Fédération internationale de gynécologie et d’obstétrique (FIGO)

La précarité menstruelle ne se résume pas au prix des protections hygiéniques. Elle touche à bien plus : au manque d’information, aux tabous, à la honte qui entoure encore les règles. Dans la région de Louga, une étude menée par ONU Femmes et le WSSCC a montré que les jeunes filles disposent de très peu d’informations fiables sur les changements biologiques liés aux menstruations, et que leurs premières sources sont souvent les mères et les amies — elles-mêmes insuffisamment informées (ONU Femmes & WSSCC, Étude sur la gestion de l’hygiène menstruelle dans la région de Louga, 2014). Résultat : les premières règles sont vécues comme une rupture brutale, entourée de croyances et de peurs.
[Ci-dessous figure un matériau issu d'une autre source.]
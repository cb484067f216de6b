-- ===== src/Account/Storage/Fresh.antt =====
-- A new account is read back with its defaults, and what is gone is not read.
use sigchat.Base.{
  ◌≡◌, refl, ap, ◌∙◌, false, List, [], ◌∷◌, Option, none, some, ok, err, arith, if◌then◌else◌,
  continue, map_err,
}
use sigchat.Text.{Bytes, bytes_eq, bytes_eq_refl}
use sigchat.Text.Decimal.{parse_u32_zero}
use sigchat.Text.Utf8.{from_utf8, is_utf8}
use sigchat.Io.{ErrorKind}
use sigchat.Pddb.{Pddb, PddbLaws}
use sigchat.Account.Environment.{
  ServiceEnvironment, environment_text, bool_text, plus, minus, live, staging, from_str,
  parse_i64_zero, parse_i64_minus_one, parse_bool,
}
use sigchat.Account.Values.{get, set, read_back, get_found, contents-get, contents-set, set_ok}
use sigchat.Account.Fields.{failed}
use sigchat.Account.Stored.{build}
use sigchat.Account.Storage.{keys, defaults, collect, get_all, set_all, read, new, built}

abbrev map : {A B : Type 0} → (A → B) → List A → List B
map f [] = []
map f (x ∷ xs) = f x ∷ map f xs

-- The value of a key after the sets.
abbrev assigned : List (Bytes × Option Bytes) → Bytes → Option Bytes → Option Bytes
assigned [] k old = old
assigned ((key, value) ∷ rest) k old = assigned rest k (if bytes_eq key k then value else old)

collect-ok : {A : Type 0} (values : List A) → collect (map (λ v. ok v) values) ≡ ok values
collect-ok [] = refl
collect-ok (v ∷ values) = grind (arith, collect-ok values)

module _ (p : Pddb) (l : PddbLaws p) where
  open p use {Store}
  open l use {contents}

  get_all-contents :
      (d : Bytes) (ks : List Bytes) (s : Store) (view : Bytes → Option Bytes)
      → ((k : Bytes) → contents s d k ≡ view k)
      → (get_all p d ks s).0 ≡ map (λ k. ok (read_back (view k))) ks
  unfolding get_all
  get_all-contents d [] s view same = refl
  get_all-contents d (k ∷ ks) s view same = grind (
    arith,
    get_found p l s d k (view k) (same k),
    get_all-contents d ks (get p d k s).1 view (λ k'. contents-get p l s d k d k' ∙ same k'),
  )

  set_all-ok :
      (d : Bytes) (values : List (Bytes × Option Bytes)) (s : Store)
      → (set_all p d values s).0 ≡ ok tt
  unfolding set_all
  set_all-ok d [] s = refl
  set_all-ok d ((key, value) ∷ rest) s =
      ground (arith, set_ok p d key value s, set_all-ok d rest (set p d key value s).1)

  contents-set_all :
      (d : Bytes) (values : List (Bytes × Option Bytes)) (s : Store) (k : Bytes)
      → contents (set_all p d values s).1 d k ≡ assigned values k (contents s d k)
  unfolding set_all
  contents-set_all d [] s k = refl
  contents-set_all d ((key, value) ∷ rest) s k =
      let stored : contents (set p d key value s).1 d k
          ≡ (if bytes_eq key k then value else contents s d k) =
        ground (arith, contents-set p l s d key value d k, bytes_eq_refl d) in
      let next : (set_all p d ((key, value) ∷ rest) s).1
          ≡ (set_all p d rest (set p d key value s).1).1 =
        ground (arith, set_ok p d key value s) in
      ap (λ t. contents t d k) next
      ∙ (contents-set_all d rest (set p d key value s).1 k ∙ ap (assigned rest k) stored)

  module _ {Host : Type 0} (parse_host : Bytes → Option Host) where
    -- A dictionary without a value, such as a deleted one, is refused as invalid data; `read` does not
    -- panic on it.
    pub read-absent :
        (d : Bytes) (s : Store)
        → ((k : Bytes) → contents s d k ≡ none)
        → (read p parse_host d s).0 ≡ err (failed ErrorKind.invalid_data)
    unfolding read build
    read-absent d s gone =
        ap (λ r. built p parse_host d (collect r)) (get_all-contents d keys s (λ k. none) gone)

    built-defaults :
        (d host_text : Bytes) (host : Host) (env : ServiceEnvironment) (old : Bytes → Option Bytes)
        → read_back (some host_text) ≡ some host_text
        → parse_host host_text ≡ some host
        → built p parse_host d
            (collect (map (λ k. ok (read_back (assigned (defaults host_text env) k (old k)))) keys))
          ≡ ok (record {
            pddb_dict = d;
            aci_identity_private = none;
            aci_identity_public = none;
            aci_service_id = none;
            device_id = 0;
            encrypted_device_name = none;
            host = host;
            is_multi_device = false;
            number = none;
            password = none;
            pin_master_key = none;
            pni_identity_private = none;
            pni_identity_public = none;
            pni_service_id = none;
            profile_key = none;
            registered = false;
            service_environment = env;
            storage_key = none;
            store_last_receive_timestamp = plus 0;
            store_manifest_version = minus 1;
            store_manifest = none;
          })
    unfolding build bytes_eq from_utf8 is_utf8 parse_bool bool_text environment_text from_str
    built-defaults d host_text host live old short parsed =
        ground (arith, short, parsed, parse_u32_zero, parse_i64_zero, parse_i64_minus_one)
    built-defaults d host_text host staging old short parsed =
        ground (arith, short, parsed, parse_u32_zero, parse_i64_zero, parse_i64_minus_one)

    -- A new account, whatever was in its dictionary before, is returned with the host and the environment
    -- that it was given and the default of every other field, the host's text being at most 256 bytes of
    -- UTF-8 that parse back as the host.
    pub read-new :
        (d host_text : Bytes) (host : Host) (env : ServiceEnvironment) (s : Store)
        → read_back (some host_text) ≡ some host_text
        → parse_host host_text ≡ some host
        → (new p parse_host d host_text env s).0
          ≡ ok (record {
            pddb_dict = d;
            aci_identity_private = none;
            aci_identity_public = none;
            aci_service_id = none;
            device_id = 0;
            encrypted_device_name = none;
            host = host;
            is_multi_device = false;
            number = none;
            password = none;
            pin_master_key = none;
            pni_identity_private = none;
            pni_identity_public = none;
            pni_service_id = none;
            profile_key = none;
            registered = false;
            service_environment = env;
            storage_key = none;
            store_last_receive_timestamp = plus 0;
            store_manifest_version = minus 1;
            store_manifest = none;
          })
    unfolding read new
    read-new d host_text host env s short parsed =
        let s1 = (set_all p d (defaults host_text env) s).1 in
        let view = λ (k : Bytes). assigned (defaults host_text env) k (contents s d k) in
        let all : (get_all p d keys s1).0 ≡ map (λ k. ok (read_back (view k))) keys =
          get_all-contents d keys s1 view (λ k. contents-set_all d (defaults host_text env) s k) in
        ap (λ r. (continue (map_err failed r) (λ _. read p parse_host d) s1).0)
          (set_all-ok d (defaults host_text env) s)
        ∙ (ap (λ r. built p parse_host d (collect r)) all
            ∙ built-defaults d host_text host env (λ k. contents s d k) short parsed)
L’absence d’espaces adaptés et d’accompagnement renforce cette vulnérabilité. À Louga toujours, près de la moitié des filles interrogées allaient rarement à l’école pendant leurs règles, faute d’infrastructures sûres et hygiéniques (ONU Femmes & WSSCC, 2014). L’information et la sensibilisation deviennent alors des armes essentielles : comprendre son corps, connaître les bonnes pratiques, savoir que l’on n’est pas seule.

C’est pourquoi il est urgent de réintroduire dans les écoles des assistantes sociales et des travailleurs sociaux capables d’accompagner les élèves. Leur rôle est crucial : informer les filles avant même l’arrivée de leurs règles, répondre à leurs questions, les soutenir pendant cette période, mais aussi prévenir des risques plus larges comme les grossesses précoces, qui touchent près d’une jeune fille sur quatre avant 18 ans au Sénégal (ANSD & UNFPA, Rapport sur la population et la santé de la reproduction, 2019). Ces professionnelles peuvent créer un espace de confiance où les adolescentes trouvent écoute, savoirs et dignité.

La sensibilisation ne doit pas s’arrêter aux filles. Les garçons, les enseignants, les familles doivent aussi être inclus. Car plus on en parle, plus on lève les tabous. Et lever les tabous, c’est déjà avancer vers une société plus juste.